PROBLEM |
Search the material below for "equal" and copy every line where it occurs.

#### INFORMATION SHOWN ####

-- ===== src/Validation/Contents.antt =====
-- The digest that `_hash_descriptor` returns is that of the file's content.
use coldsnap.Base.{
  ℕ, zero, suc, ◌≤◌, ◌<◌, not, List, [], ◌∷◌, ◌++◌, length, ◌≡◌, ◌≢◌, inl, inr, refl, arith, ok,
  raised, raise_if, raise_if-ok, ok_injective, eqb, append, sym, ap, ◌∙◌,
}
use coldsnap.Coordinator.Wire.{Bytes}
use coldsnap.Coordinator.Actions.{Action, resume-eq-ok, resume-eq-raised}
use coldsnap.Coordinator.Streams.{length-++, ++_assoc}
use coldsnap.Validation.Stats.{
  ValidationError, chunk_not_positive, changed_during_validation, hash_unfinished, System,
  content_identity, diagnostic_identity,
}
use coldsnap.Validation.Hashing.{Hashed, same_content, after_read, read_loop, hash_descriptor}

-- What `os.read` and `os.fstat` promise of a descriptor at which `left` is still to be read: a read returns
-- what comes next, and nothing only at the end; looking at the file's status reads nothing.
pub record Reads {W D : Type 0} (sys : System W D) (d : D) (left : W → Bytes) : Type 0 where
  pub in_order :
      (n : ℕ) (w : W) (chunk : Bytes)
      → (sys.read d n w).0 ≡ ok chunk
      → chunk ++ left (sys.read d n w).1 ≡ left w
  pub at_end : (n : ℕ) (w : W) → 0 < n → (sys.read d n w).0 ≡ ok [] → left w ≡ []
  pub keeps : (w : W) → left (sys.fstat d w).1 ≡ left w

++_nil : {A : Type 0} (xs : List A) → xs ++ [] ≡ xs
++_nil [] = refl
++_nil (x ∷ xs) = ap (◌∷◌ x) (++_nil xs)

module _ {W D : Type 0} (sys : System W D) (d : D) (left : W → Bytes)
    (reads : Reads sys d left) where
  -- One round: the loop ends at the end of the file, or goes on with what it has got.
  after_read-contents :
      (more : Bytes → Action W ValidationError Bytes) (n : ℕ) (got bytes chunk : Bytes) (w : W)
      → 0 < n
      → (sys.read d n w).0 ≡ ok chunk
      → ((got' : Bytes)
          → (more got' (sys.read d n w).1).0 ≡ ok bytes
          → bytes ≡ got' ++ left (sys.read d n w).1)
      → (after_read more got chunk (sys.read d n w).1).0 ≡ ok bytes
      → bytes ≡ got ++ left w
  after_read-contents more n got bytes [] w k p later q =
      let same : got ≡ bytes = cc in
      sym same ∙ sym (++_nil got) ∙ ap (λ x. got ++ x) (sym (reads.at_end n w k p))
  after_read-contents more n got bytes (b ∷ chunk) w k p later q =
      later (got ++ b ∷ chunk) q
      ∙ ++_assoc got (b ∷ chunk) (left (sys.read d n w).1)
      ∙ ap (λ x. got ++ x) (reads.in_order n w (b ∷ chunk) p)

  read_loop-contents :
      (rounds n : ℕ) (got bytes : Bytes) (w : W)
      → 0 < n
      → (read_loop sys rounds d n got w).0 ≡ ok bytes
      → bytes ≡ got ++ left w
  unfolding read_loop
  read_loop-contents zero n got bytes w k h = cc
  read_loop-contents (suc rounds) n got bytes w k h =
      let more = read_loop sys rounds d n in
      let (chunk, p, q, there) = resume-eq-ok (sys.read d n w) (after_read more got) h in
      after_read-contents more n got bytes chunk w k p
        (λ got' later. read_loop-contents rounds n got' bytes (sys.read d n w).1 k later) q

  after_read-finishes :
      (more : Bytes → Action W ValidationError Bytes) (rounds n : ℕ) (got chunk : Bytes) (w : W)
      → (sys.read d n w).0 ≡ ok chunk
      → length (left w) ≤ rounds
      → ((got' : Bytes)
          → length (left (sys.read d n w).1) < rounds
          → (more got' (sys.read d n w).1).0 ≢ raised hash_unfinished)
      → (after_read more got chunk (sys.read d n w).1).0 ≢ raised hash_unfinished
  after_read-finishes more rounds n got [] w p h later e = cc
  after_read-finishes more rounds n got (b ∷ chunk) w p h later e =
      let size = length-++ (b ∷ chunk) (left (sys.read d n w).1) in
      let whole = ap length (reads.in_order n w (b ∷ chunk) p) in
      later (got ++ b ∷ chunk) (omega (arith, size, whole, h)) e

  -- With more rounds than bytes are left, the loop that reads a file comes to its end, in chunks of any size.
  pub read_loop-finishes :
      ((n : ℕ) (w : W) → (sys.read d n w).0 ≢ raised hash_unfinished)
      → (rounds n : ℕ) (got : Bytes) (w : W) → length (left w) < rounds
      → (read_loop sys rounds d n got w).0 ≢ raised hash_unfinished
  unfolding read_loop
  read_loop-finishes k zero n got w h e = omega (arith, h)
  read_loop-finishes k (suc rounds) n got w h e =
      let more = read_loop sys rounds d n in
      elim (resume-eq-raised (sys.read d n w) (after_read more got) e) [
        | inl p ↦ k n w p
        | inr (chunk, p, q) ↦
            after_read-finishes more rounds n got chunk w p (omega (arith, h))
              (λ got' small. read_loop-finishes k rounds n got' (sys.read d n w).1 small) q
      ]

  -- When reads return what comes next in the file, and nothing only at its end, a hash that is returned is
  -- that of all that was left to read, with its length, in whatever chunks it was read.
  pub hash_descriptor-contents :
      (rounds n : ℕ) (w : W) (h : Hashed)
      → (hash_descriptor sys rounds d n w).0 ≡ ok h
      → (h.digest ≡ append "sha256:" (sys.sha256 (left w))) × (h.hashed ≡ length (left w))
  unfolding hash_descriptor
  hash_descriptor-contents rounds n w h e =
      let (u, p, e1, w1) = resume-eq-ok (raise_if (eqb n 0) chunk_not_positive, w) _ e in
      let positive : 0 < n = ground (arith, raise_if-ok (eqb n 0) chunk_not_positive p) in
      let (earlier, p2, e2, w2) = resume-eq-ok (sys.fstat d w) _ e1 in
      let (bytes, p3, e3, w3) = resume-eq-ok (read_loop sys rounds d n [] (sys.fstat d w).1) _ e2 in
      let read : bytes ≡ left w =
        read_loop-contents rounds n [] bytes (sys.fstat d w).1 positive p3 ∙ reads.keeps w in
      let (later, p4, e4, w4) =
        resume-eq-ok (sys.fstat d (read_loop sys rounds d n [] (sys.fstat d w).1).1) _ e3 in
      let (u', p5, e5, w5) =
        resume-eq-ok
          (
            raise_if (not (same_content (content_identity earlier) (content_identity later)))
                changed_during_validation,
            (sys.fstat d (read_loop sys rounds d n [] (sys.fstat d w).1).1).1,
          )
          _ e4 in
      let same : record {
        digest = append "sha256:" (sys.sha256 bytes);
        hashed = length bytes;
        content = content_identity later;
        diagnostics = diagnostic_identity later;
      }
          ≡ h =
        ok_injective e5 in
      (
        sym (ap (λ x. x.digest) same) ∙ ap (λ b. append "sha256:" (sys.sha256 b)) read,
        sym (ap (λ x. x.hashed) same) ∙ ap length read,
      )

####
#### INFORMATION SHOWN ####

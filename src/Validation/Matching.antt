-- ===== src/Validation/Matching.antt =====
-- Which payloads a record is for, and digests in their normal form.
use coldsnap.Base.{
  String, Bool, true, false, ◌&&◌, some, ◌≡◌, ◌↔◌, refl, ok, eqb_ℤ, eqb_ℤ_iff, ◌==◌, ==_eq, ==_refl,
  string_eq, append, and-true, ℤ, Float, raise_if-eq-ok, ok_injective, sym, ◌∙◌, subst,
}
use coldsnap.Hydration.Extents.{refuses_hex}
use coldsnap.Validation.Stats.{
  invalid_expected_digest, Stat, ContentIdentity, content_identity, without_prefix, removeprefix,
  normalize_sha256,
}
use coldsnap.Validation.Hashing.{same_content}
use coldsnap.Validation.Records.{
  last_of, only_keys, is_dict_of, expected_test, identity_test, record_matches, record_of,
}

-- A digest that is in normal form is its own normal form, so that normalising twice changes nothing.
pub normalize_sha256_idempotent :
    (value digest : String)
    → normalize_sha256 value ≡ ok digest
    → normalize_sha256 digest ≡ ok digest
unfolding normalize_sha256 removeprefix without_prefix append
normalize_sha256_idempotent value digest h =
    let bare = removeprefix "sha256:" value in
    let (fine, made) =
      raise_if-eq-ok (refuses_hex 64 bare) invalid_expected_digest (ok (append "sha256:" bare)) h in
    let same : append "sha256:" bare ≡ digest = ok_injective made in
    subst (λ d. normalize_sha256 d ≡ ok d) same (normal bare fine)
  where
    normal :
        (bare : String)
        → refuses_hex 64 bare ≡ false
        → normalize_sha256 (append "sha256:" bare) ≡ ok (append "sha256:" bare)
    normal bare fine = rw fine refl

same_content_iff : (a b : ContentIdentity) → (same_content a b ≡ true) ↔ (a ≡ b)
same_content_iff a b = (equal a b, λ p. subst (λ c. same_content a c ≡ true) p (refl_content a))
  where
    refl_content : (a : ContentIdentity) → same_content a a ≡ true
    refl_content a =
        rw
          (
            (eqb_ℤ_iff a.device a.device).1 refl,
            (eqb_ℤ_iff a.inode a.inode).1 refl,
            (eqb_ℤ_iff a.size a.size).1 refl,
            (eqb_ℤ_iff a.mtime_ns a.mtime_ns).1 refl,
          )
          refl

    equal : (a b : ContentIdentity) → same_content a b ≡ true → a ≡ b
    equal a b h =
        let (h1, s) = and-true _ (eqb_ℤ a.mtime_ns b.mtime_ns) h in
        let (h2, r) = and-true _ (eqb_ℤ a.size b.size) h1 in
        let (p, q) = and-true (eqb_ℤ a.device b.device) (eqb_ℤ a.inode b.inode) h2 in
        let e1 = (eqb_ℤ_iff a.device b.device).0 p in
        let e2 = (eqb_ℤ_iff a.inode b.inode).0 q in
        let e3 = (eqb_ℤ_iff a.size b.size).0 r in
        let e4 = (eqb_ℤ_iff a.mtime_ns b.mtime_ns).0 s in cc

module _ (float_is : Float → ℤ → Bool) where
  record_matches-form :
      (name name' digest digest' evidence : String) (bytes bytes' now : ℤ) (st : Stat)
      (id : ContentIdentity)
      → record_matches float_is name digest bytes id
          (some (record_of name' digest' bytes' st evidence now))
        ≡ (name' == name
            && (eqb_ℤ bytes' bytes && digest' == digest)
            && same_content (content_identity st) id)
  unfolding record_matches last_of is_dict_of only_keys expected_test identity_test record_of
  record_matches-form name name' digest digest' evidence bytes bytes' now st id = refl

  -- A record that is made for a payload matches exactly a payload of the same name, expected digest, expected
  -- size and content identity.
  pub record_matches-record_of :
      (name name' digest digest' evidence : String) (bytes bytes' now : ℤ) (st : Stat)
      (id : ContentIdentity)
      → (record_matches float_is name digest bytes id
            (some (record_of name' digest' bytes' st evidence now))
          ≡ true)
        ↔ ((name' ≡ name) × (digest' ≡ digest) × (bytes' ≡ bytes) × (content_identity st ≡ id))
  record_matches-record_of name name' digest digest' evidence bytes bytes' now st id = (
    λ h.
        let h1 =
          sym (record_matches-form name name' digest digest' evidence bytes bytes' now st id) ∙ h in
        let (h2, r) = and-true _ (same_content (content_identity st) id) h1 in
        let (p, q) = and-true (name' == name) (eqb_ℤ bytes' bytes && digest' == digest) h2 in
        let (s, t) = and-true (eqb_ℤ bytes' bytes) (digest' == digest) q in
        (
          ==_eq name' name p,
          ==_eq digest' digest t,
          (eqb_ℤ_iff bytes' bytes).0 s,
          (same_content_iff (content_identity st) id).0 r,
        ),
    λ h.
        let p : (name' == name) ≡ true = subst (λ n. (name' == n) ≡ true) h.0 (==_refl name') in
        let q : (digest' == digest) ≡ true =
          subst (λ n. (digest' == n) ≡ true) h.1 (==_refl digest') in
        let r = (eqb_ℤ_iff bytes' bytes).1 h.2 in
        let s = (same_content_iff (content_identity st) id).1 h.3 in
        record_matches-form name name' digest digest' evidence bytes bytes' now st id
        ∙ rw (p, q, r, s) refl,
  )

####
#### INFORMATION SHOWN ####

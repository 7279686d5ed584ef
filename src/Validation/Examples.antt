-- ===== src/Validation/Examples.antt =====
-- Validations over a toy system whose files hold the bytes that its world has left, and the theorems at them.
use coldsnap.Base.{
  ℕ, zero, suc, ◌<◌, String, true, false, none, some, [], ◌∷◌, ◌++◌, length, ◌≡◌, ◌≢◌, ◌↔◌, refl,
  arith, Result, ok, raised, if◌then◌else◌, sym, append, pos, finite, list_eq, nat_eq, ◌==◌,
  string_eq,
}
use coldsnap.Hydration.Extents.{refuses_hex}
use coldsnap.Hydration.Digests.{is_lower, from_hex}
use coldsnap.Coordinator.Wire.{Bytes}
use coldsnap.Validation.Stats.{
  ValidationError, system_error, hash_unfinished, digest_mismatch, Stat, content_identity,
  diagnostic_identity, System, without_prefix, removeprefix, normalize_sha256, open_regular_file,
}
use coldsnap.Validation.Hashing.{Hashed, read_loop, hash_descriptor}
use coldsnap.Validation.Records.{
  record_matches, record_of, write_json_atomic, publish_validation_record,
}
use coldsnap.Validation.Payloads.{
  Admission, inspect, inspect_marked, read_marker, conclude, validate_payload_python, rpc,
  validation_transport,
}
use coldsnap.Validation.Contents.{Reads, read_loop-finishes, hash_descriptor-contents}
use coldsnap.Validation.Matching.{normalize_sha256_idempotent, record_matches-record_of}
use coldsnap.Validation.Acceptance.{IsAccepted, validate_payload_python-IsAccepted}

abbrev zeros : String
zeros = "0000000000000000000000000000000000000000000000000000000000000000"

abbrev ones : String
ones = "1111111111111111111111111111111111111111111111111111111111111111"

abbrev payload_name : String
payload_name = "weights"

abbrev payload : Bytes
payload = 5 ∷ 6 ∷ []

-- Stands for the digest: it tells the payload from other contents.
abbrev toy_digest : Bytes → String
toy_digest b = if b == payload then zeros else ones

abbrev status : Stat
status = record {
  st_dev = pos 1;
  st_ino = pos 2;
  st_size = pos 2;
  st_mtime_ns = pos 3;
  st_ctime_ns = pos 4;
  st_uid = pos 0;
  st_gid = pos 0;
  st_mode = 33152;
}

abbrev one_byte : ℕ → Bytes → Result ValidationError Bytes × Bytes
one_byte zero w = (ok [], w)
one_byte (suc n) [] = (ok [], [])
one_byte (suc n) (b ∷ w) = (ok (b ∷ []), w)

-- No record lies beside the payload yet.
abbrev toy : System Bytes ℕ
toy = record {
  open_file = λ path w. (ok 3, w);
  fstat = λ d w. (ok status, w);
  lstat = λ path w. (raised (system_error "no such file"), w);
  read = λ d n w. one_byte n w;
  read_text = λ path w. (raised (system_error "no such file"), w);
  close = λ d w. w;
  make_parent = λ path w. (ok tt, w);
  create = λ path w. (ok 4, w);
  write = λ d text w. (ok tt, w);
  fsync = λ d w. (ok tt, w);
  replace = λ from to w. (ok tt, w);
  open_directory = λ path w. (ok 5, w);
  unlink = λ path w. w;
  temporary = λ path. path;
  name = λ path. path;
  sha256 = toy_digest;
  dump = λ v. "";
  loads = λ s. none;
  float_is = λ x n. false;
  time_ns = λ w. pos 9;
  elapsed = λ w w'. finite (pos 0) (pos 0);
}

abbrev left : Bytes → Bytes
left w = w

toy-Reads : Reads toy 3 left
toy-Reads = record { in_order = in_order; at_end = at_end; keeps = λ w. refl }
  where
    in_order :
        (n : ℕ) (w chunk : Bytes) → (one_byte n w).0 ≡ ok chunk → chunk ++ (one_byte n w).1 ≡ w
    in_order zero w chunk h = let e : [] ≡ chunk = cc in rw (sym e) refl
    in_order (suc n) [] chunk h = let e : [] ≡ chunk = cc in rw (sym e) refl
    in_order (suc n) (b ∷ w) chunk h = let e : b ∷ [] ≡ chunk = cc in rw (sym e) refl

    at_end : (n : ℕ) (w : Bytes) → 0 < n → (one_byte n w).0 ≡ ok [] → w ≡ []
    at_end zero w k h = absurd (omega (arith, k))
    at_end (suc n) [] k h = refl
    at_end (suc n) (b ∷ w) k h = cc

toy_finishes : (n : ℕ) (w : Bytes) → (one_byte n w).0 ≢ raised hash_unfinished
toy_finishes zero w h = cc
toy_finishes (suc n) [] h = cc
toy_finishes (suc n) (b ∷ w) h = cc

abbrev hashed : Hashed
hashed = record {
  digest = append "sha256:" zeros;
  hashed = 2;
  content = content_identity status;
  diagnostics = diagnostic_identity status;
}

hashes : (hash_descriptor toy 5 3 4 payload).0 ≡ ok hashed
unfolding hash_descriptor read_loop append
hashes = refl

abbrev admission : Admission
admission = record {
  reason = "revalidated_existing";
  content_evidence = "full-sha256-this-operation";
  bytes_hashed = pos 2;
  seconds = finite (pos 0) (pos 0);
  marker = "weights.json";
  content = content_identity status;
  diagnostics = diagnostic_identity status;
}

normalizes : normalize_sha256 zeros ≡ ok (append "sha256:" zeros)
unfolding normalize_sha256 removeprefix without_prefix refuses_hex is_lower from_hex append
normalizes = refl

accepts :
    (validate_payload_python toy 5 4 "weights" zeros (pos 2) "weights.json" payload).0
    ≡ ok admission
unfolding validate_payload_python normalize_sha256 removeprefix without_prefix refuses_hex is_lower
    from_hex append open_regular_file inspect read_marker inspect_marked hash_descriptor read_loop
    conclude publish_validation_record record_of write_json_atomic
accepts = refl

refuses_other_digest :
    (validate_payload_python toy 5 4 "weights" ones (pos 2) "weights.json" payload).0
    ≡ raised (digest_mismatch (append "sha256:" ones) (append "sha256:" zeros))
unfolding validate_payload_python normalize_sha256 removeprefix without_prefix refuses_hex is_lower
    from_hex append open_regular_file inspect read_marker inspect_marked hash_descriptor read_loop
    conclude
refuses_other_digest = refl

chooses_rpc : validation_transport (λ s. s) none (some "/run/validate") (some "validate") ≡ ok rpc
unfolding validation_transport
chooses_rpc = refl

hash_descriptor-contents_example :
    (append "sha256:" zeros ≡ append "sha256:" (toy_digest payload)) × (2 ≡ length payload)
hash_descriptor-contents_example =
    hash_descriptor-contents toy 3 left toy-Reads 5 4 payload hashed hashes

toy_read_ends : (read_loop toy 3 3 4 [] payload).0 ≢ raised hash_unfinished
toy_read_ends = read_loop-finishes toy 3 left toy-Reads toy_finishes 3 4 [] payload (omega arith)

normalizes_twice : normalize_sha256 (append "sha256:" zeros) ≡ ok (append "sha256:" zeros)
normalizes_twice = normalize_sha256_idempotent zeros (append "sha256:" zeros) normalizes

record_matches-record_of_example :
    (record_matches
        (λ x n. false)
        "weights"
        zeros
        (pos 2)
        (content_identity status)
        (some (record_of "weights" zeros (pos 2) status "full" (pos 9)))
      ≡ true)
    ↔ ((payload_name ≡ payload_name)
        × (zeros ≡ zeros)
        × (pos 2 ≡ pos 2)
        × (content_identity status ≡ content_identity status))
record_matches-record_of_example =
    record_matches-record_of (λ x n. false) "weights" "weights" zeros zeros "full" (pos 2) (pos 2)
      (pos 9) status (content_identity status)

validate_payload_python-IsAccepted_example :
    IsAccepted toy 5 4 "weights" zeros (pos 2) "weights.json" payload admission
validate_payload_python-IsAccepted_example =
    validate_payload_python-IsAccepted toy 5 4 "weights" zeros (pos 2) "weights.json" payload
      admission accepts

####

OUTPUT |
same_content_iff a b = (equal a b, λ p. subst (λ c. same_content a c ≡ true) p (refl_content a))
    equal : (a b : ContentIdentity) → same_content a b ≡ true → a ≡ b
    equal a b h =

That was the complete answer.